* [EXERCISE DESCRIPTION]: In the data, find each line where the word "unfolding" appears and list that line.

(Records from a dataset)
------------
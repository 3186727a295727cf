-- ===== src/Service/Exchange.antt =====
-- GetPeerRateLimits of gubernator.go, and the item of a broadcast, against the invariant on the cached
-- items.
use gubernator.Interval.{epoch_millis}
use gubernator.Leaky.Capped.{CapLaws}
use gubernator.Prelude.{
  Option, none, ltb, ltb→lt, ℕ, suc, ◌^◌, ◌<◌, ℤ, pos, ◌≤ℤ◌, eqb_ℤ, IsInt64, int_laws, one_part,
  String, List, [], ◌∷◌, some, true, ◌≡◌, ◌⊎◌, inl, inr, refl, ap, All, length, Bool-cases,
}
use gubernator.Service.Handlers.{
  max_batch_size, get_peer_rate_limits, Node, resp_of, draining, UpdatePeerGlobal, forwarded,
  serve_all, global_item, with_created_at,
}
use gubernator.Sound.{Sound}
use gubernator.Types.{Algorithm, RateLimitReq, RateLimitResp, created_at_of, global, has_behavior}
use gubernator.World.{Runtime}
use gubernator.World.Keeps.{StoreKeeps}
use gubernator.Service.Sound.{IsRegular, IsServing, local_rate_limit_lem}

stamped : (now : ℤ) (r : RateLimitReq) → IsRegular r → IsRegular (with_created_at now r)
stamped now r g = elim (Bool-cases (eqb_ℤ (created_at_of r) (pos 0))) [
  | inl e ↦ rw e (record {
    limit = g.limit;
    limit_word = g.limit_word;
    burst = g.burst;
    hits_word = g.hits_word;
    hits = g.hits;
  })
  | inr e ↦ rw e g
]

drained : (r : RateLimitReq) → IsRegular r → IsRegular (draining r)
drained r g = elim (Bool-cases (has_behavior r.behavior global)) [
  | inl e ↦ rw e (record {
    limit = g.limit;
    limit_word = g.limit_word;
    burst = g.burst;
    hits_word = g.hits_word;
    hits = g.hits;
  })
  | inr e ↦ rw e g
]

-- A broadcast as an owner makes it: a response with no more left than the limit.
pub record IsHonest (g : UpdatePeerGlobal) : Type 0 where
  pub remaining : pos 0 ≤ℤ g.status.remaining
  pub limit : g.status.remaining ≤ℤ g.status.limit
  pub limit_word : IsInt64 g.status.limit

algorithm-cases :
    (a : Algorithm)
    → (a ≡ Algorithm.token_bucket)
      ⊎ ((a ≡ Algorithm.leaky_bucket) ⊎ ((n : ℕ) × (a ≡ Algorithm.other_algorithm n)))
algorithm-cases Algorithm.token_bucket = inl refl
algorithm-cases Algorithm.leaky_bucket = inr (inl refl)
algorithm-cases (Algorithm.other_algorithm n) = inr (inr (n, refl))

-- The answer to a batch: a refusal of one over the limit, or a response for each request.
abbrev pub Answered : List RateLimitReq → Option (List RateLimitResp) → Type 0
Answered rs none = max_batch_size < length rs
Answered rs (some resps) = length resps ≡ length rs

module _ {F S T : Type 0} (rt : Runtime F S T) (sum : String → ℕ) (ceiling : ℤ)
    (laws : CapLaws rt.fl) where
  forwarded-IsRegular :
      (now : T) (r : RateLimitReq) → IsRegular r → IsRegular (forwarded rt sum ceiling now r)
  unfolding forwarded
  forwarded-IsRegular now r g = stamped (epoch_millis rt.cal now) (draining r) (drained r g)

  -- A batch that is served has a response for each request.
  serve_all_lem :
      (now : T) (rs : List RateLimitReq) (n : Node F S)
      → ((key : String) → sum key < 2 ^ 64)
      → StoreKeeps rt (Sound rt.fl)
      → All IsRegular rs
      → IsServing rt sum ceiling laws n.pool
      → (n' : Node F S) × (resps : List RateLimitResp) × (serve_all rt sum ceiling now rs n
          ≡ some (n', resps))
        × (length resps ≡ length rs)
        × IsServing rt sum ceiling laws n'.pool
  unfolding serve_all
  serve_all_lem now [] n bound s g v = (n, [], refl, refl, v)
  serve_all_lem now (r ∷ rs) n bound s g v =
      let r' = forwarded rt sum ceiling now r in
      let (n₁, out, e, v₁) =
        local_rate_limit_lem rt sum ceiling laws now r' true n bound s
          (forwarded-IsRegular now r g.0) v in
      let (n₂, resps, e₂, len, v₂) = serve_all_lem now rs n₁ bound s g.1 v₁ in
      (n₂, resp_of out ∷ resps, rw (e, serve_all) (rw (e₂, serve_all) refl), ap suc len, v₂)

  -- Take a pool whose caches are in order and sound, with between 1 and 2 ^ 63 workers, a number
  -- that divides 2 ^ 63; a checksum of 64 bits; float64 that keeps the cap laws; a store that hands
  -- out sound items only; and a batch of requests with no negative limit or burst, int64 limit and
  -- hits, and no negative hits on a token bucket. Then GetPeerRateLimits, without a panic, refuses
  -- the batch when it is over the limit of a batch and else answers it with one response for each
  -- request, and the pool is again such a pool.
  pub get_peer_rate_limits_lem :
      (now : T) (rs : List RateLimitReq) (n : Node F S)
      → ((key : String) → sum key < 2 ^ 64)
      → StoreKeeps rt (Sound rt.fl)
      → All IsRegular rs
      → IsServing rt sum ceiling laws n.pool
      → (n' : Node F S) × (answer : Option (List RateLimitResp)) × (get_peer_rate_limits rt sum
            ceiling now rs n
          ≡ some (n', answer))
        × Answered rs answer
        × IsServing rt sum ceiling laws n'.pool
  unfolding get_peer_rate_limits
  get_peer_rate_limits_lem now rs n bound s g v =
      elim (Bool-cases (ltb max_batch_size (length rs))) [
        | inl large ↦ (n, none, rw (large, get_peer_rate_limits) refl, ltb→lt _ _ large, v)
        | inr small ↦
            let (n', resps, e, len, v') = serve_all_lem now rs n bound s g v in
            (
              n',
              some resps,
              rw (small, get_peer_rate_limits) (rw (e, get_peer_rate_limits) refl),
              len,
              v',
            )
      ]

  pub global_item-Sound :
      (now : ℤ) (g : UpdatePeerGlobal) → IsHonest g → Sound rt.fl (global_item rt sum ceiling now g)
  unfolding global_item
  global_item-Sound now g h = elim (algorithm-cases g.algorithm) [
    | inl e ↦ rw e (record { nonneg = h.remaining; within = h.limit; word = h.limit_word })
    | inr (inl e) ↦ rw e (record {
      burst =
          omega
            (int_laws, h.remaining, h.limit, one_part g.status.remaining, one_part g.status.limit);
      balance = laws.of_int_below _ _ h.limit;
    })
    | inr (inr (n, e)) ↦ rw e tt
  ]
------------
* [RESULT OF THE EXERCISE]:
  unfolding forwarded
  unfolding serve_all
  unfolding get_peer_rate_limits
  unfolding global_item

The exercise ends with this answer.